(Collected data)
=-=-=
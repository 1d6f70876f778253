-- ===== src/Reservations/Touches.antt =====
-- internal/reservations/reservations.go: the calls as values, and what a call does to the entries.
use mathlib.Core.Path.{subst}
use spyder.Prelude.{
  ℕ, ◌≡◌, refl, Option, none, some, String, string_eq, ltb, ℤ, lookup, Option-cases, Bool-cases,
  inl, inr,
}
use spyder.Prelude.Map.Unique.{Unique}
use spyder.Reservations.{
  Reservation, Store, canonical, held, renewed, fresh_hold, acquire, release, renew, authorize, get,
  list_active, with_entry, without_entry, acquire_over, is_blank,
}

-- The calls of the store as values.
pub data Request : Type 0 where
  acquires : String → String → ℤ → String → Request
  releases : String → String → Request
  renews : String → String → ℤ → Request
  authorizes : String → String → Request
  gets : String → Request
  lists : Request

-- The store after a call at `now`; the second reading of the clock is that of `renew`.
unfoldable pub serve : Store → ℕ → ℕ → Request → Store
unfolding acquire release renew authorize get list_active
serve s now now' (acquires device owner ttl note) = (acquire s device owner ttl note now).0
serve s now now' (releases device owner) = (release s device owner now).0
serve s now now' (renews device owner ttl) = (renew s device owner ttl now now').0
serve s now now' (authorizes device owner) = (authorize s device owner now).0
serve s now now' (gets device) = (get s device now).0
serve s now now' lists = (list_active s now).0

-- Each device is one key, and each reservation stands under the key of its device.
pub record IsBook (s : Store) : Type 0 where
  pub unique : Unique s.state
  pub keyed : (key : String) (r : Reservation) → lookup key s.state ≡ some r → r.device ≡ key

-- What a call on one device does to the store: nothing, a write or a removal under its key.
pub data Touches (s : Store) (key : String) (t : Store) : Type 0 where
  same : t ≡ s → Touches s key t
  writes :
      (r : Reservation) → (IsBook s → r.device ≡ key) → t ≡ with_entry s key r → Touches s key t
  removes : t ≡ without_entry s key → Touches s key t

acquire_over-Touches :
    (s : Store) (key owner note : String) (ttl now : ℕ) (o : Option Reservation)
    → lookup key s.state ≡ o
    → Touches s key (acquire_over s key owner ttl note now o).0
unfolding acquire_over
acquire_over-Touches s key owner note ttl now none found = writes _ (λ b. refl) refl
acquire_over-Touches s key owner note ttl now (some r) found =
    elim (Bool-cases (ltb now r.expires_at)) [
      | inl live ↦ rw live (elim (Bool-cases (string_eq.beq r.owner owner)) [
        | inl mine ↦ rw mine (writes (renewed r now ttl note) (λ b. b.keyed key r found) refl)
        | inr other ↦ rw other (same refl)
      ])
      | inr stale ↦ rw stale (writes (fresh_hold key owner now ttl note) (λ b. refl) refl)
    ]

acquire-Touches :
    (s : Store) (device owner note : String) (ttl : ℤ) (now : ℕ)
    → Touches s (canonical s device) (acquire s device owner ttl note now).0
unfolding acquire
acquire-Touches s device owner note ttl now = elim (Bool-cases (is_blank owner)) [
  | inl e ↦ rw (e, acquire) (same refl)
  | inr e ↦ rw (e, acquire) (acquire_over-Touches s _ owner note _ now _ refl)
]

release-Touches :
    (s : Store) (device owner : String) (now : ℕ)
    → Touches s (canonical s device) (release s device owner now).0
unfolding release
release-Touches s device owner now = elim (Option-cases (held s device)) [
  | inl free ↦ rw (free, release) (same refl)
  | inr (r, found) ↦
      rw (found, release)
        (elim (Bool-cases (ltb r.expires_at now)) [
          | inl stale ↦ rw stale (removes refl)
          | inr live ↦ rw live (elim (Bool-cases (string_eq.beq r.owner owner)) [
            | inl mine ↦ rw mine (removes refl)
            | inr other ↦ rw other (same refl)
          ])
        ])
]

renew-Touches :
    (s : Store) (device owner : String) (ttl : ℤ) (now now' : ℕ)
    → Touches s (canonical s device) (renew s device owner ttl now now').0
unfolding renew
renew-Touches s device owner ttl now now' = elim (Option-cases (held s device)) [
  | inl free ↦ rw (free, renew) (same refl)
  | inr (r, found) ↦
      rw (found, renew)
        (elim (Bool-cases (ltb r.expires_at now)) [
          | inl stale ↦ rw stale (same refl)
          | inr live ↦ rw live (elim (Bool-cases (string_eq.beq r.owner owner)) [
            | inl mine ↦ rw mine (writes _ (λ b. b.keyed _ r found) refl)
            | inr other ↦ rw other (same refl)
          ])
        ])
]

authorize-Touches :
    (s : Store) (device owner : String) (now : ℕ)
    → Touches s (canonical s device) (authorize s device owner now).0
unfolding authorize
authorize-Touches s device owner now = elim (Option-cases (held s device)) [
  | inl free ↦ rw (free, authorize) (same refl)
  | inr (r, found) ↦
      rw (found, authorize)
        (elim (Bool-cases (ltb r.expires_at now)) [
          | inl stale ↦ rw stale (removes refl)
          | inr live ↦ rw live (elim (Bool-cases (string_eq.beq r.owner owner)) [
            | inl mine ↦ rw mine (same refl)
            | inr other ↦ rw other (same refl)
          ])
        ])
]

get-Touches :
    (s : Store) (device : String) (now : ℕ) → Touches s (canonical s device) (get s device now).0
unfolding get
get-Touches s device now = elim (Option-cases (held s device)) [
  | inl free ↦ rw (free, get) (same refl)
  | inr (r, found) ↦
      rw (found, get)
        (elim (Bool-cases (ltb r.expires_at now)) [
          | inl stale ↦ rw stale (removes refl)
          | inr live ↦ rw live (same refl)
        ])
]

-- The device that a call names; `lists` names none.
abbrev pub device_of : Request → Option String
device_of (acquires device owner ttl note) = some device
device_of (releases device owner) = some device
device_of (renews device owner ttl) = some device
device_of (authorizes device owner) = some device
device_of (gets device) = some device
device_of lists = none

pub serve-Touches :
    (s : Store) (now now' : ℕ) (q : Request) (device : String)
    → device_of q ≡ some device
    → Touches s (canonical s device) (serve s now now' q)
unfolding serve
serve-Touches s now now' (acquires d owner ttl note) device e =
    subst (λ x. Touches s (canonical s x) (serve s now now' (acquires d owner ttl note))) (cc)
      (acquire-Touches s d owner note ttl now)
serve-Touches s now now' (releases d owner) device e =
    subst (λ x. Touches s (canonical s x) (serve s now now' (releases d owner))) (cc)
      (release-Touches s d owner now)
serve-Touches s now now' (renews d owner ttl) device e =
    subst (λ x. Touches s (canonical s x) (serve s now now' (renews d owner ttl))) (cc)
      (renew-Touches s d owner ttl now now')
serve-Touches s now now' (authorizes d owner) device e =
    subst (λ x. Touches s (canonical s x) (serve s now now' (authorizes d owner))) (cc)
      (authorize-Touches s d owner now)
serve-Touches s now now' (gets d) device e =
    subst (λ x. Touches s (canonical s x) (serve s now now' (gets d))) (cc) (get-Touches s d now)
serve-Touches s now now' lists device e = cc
=-=-=
Return the data from the top line through the bottom line exactly.

# Solution to the exercise
repository 1d6f70876f778253
-- ===== src/Reservations/Touches.antt =====
-- internal/reservations/reservations.go: the calls as values, and what a call does to the entries.
use mathlib.Core.Path.{subst}
use spyder.Prelude.{
  ℕ, ◌≡◌, refl, Option, none, some, String, string_eq, ltb, ℤ, lookup, Option-cases, Bool-cases,
  inl, inr,
}
use spyder.Prelude.Map.Unique.{Unique}
use spyder.Reservations.{
  Reservation, Store, canonical, held, renewed, fresh_hold, acquire, release, renew, authorize, get,
  list_active, with_entry, without_entry, acquire_over, is_blank,
}

-- The calls of the store as values.
pub data Request : Type 0 where
  acquires : String → String → ℤ → String → Request
  releases : String → String → Request
  renews : String → String → ℤ → Request
  authorizes : String → String → Request
  gets : String → Request
  lists : Request

-- The store after a call at `now`; the second reading of the clock is that of `renew`.
unfoldable pub serve : Store → ℕ → ℕ → Request → Store
unfolding acquire release renew authorize get list_active
serve s now now' (acquires device owner ttl note) = (acquire s device owner ttl note now).0
serve s now now' (releases device owner) = (release s device owner now).0
serve s now now' (renews device owner ttl) = (renew s device owner ttl now now').0
serve s now now' (authorizes device owner) = (authorize s device owner now).0
serve s now now' (gets device) = (get s device now).0
serve s now now' lists = (list_active s now).0

-- Each device is one key, and each reservation stands under the key of its device.
pub record IsBook (s : Store) : Type 0 where
  pub unique : Unique s.state
  pub keyed : (key : String) (r : Reservation) → lookup key s.state ≡ some r → r.device ≡ key

-- What a call on one device does to the store: nothing, a write or a removal under its key.
pub data Touches (s : Store) (key : String) (t : Store) : Type 0 where
  same : t ≡ s → Touches s key t
  writes :
      (r : Reservation) → (IsBook s → r.device ≡ key) → t ≡ with_entry s key r → Touches s key t
  removes : t ≡ without_entry s key → Touches s key t

acquire_over-Touches :
    (s : Store) (key owner note : String) (ttl now : ℕ) (o : Option Reservation)
    → lookup key s.state ≡ o
    → Touches s key (acquire_over s key owner ttl note now o).0
unfolding acquire_over
acquire_over-Touches s key owner note ttl now none found = writes _ (λ b. refl) refl
acquire_over-Touches s key owner note ttl now (some r) found =
    elim (Bool-cases (ltb now r.expires_at)) [
      | inl live ↦ rw live (elim (Bool-cases (string_eq.beq r.owner owner)) [
        | inl mine ↦ rw mine (writes (renewed r now ttl note) (λ b. b.keyed key r found) refl)
        | inr other ↦ rw other (same refl)
      ])
      | inr stale ↦ rw stale (writes (fresh_hold key owner now ttl note) (λ b. refl) refl)
    ]

acquire-Touches :
    (s : Store) (device owner note : String) (ttl : ℤ) (now : ℕ)
    → Touches s (canonical s device) (acquire s device owner ttl note now).0
unfolding acquire
acquire-Touches s device owner note ttl now = elim (Bool-cases (is_blank owner)) [
  | inl e ↦ rw (e, acquire) (same refl)
  | inr e ↦ rw (e, acquire) (acquire_over-Touches s _ owner note _ now _ refl)
]

release-Touches :
    (s : Store) (device owner : String) (now : ℕ)
    → Touches s (canonical s device) (release s device owner now).0
unfolding release
release-Touches s device owner now = elim (Option-cases (held s device)) [
  | inl free ↦ rw (free, release) (same refl)
  | inr (r, found) ↦
      rw (found, release)
        (elim (Bool-cases (ltb r.expires_at now)) [
          | inl stale ↦ rw stale (removes refl)
          | inr live ↦ rw live (elim (Bool-cases (string_eq.beq r.owner owner)) [
            | inl mine ↦ rw mine (removes refl)
            | inr other ↦ rw other (same refl)
          ])
        ])
]

renew-Touches :
    (s : Store) (device owner : String) (ttl : ℤ) (now now' : ℕ)
    → Touches s (canonical s device) (renew s device owner ttl now now').0
unfolding renew
renew-Touches s device owner ttl now now' = elim (Option-cases (held s device)) [
  | inl free ↦ rw (free, renew) (same refl)
  | inr (r, found) ↦
      rw (found, renew)
        (elim (Bool-cases (ltb r.expires_at now)) [
          | inl stale ↦ rw stale (same refl)
          | inr live ↦ rw live (elim (Bool-cases (string_eq.beq r.owner owner)) [
            | inl mine ↦ rw mine (writes _ (λ b. b.keyed _ r found) refl)
            | inr other ↦ rw other (same refl)
          ])
        ])
]

authorize-Touches :
    (s : Store) (device owner : String) (now : ℕ)
    → Touches s (canonical s device) (authorize s device owner now).0
unfolding authorize
authorize-Touches s device owner now = elim (Option-cases (held s device)) [
  | inl free ↦ rw (free, authorize) (same refl)
  | inr (r, found) ↦
      rw (found, authorize)
        (elim (Bool-cases (ltb r.expires_at now)) [
          | inl stale ↦ rw stale (removes refl)
          | inr live ↦ rw live (elim (Bool-cases (string_eq.beq r.owner owner)) [
            | inl mine ↦ rw mine (same refl)
            | inr other ↦ rw other (same refl)
          ])
        ])
]

get-Touches :
    (s : Store) (device : String) (now : ℕ) → Touches s (canonical s device) (get s device now).0
unfolding get
get-Touches s device now = elim (Option-cases (held s device)) [
  | inl free ↦ rw (free, get) (same refl)
  | inr (r, found) ↦
      rw (found, get)
        (elim (Bool-cases (ltb r.expires_at now)) [
          | inl stale ↦ rw stale (removes refl)
          | inr live ↦ rw live (same refl)
        ])
]

-- The device that a call names; `lists` names none.
abbrev pub device_of : Request → Option String
device_of (acquires device owner ttl note) = some device
device_of (releases device owner) = some device
device_of (renews device owner ttl) = some device
device_of (authorizes device owner) = some device
device_of (gets device) = some device
device_of lists = none

pub serve-Touches :
    (s : Store) (now now' : ℕ) (q : Request) (device : String)
    → device_of q ≡ some device
    → Touches s (canonical s device) (serve s now now' q)
unfolding serve
serve-Touches s now now' (acquires d owner ttl note) device e =
    subst (λ x. Touches s (canonical s x) (serve s now now' (acquires d owner ttl note))) (cc)
      (acquire-Touches s d owner note ttl now)
serve-Touches s now now' (releases d owner) device e =
    subst (λ x. Touches s (canonical s x) (serve s now now' (releases d owner))) (cc)
      (release-Touches s d owner now)
serve-Touches s now now' (renews d owner ttl) device e =
    subst (λ x. Touches s (canonical s x) (serve s now now' (renews d owner ttl))) (cc)
      (renew-Touches s d owner ttl now now')
serve-Touches s now now' (authorizes d owner) device e =
    subst (λ x. Touches s (canonical s x) (serve s now now' (authorizes d owner))) (cc)
      (authorize-Touches s d owner now)
serve-Touches s now now' (gets d) device e =
    subst (λ x. Touches s (canonical s x) (serve s now now' (gets d))) (cc) (get-Touches s d now)
serve-Touches s now now' lists device e = cc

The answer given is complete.